- [EXERCISE INSTRUCTIONS] Please return only the lines from the one holding "unfolding start_locking" through the one holding "(set_sync-port Below w ppi (record", exactly as they appear in the records below, both ends included.

- [SUPPLIED RECORDS]
· · · ·
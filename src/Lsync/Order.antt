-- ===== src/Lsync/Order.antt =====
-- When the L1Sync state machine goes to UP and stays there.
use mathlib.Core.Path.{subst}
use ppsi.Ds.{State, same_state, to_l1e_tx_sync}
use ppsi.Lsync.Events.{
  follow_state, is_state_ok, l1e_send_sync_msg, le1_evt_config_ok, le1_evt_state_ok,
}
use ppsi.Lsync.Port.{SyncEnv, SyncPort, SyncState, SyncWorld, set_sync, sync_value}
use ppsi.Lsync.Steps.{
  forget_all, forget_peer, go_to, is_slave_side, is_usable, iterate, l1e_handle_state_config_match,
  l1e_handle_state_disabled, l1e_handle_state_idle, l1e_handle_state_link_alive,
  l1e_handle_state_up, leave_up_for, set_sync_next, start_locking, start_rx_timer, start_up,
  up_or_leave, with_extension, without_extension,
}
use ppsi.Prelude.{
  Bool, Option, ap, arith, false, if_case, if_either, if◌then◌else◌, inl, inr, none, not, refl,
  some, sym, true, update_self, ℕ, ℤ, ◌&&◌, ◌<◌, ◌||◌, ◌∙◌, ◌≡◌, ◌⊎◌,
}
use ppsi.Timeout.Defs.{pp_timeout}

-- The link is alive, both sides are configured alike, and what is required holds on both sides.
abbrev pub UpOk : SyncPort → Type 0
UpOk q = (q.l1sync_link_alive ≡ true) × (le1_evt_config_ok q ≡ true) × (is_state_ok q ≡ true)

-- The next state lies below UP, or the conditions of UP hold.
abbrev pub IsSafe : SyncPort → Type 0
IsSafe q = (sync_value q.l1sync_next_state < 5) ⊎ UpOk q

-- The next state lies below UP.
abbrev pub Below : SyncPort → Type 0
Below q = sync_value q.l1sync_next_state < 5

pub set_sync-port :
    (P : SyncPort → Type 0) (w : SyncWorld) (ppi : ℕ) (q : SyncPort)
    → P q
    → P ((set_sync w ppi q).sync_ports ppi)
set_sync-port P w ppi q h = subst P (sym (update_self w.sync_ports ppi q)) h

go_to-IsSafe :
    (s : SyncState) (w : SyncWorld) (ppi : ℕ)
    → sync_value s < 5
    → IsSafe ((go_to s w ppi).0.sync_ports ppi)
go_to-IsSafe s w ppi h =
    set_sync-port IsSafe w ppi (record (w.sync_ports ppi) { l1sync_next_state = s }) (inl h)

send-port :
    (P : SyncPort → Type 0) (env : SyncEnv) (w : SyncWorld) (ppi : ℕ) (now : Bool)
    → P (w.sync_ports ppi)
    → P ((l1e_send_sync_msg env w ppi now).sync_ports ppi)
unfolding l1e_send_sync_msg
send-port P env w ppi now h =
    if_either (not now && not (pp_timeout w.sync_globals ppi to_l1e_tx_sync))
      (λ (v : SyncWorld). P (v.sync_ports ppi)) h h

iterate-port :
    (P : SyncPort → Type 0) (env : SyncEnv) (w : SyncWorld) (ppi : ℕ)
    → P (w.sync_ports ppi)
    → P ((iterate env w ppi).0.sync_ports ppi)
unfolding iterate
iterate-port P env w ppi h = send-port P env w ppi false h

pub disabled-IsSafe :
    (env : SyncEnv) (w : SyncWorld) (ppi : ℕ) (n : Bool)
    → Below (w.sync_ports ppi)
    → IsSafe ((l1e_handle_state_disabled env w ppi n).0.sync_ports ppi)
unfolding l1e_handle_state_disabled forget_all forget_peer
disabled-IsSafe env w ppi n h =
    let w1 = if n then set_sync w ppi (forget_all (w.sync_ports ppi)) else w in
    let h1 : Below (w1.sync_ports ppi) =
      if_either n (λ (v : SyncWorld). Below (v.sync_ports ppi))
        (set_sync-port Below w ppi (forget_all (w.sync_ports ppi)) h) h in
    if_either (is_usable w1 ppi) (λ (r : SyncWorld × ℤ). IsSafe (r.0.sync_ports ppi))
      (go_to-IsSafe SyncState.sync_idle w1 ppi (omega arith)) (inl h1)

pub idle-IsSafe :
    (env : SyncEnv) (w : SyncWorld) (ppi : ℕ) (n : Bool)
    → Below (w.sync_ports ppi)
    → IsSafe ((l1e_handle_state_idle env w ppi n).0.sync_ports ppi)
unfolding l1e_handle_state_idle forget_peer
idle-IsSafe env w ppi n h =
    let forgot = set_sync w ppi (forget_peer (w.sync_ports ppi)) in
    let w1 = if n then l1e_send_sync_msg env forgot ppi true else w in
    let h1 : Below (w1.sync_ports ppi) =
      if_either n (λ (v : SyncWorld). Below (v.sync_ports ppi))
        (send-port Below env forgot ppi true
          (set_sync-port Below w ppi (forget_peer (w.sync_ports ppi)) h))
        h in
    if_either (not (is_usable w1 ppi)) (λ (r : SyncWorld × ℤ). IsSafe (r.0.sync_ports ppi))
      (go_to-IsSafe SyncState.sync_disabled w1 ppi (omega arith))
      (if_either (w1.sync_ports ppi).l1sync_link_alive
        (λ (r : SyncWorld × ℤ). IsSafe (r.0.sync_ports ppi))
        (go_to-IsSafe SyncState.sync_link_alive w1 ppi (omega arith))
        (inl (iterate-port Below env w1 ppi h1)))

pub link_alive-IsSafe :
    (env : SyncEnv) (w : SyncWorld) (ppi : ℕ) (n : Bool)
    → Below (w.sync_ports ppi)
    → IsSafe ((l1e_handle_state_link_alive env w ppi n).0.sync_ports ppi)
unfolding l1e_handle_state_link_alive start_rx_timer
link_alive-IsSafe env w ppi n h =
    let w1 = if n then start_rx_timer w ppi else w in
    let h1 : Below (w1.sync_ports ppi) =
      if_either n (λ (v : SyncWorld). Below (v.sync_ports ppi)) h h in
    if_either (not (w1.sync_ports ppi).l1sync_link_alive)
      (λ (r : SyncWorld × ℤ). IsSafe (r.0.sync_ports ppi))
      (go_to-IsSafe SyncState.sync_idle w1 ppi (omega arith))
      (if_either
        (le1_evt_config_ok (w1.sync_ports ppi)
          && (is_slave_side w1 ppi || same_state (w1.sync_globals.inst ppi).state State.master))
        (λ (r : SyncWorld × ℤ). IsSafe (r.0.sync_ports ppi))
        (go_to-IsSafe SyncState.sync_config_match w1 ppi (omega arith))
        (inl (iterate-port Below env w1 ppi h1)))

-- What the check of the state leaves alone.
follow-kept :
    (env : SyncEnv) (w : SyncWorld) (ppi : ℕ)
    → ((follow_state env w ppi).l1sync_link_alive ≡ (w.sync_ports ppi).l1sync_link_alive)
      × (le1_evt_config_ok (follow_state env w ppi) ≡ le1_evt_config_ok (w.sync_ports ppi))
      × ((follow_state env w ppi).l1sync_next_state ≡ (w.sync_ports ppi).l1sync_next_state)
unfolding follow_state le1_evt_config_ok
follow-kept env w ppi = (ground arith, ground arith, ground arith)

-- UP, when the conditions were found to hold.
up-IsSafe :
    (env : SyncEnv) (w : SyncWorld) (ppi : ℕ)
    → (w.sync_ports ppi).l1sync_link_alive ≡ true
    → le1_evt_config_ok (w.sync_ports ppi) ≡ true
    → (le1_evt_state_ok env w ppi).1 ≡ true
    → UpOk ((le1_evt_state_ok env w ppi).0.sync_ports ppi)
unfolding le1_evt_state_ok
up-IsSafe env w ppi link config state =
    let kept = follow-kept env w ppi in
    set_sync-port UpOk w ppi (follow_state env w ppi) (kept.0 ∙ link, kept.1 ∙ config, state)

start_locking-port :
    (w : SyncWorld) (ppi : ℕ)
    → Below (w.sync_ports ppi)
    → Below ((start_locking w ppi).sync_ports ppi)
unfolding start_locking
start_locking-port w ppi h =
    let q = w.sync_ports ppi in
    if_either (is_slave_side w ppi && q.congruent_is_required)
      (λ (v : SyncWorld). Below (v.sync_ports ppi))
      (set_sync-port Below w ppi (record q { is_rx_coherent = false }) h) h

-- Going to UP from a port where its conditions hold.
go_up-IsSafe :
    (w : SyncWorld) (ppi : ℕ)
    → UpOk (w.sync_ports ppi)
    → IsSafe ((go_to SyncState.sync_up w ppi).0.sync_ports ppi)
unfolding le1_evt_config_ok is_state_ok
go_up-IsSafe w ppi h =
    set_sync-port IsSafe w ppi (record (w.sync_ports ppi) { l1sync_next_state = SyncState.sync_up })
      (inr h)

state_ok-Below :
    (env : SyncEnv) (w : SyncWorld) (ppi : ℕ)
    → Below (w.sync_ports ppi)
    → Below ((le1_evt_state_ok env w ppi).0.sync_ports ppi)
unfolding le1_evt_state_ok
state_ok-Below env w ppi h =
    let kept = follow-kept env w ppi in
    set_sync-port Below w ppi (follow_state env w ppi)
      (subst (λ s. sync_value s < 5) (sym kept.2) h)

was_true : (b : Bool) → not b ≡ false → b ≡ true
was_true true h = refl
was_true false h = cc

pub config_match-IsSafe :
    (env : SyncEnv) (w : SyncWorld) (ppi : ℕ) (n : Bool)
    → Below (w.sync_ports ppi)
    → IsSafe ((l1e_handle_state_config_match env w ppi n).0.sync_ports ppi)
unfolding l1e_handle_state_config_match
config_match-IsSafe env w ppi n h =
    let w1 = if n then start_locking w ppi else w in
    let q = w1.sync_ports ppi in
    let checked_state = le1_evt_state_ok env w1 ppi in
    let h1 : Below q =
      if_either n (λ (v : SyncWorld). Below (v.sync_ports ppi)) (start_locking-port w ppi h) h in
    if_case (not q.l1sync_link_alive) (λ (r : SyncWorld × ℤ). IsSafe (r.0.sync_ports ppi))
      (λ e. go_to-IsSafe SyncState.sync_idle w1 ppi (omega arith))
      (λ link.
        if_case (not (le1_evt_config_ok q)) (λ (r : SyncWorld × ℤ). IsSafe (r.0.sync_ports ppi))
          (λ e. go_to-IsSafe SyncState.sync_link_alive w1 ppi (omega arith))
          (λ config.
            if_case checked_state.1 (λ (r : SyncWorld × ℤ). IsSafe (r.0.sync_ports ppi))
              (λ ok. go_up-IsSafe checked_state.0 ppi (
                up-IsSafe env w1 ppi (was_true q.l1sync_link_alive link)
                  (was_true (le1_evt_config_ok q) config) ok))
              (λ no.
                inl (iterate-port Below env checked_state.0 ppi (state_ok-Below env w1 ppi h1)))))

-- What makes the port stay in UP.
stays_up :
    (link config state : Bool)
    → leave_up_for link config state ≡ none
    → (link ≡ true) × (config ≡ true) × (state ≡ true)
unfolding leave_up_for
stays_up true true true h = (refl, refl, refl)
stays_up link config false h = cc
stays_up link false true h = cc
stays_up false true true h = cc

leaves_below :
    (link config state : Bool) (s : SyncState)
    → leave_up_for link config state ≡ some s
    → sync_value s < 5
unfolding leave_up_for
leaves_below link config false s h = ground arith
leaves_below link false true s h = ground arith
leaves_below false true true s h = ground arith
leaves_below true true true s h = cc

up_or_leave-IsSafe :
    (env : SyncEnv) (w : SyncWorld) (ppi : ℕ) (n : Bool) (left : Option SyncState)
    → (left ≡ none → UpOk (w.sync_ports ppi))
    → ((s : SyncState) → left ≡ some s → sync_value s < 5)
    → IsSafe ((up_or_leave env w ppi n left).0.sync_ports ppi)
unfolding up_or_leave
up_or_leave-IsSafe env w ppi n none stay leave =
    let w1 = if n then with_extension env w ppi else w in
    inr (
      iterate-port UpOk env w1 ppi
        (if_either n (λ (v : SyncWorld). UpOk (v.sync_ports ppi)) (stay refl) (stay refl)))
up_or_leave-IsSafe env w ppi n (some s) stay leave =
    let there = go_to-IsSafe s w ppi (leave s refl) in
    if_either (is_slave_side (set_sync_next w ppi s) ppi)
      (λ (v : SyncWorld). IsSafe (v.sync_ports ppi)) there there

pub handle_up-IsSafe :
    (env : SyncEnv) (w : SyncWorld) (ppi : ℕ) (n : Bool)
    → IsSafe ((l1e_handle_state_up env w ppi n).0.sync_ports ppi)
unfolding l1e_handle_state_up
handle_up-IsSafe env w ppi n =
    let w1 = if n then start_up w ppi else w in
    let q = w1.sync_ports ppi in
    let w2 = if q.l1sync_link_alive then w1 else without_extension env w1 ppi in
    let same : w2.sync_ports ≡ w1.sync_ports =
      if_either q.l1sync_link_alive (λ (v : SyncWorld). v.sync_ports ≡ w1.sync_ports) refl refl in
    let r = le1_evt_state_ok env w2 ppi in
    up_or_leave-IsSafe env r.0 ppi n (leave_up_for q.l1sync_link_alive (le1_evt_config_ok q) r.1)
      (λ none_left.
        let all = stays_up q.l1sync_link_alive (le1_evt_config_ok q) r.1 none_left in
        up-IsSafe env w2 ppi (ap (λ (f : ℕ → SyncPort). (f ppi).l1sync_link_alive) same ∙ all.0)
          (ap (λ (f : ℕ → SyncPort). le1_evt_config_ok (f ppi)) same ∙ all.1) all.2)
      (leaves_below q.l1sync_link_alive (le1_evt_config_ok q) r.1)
· · · ·
- [RESULT BELOW]
unfolding start_locking
start_locking-port w ppi h =
    let q = w.sync_ports ppi in
    if_either (is_slave_side w ppi && q.congruent_is_required)
      (λ (v : SyncWorld). Below (v.sync_ports ppi))
      (set_sync-port Below w ppi (record q { is_rx_coherent = false }) h) h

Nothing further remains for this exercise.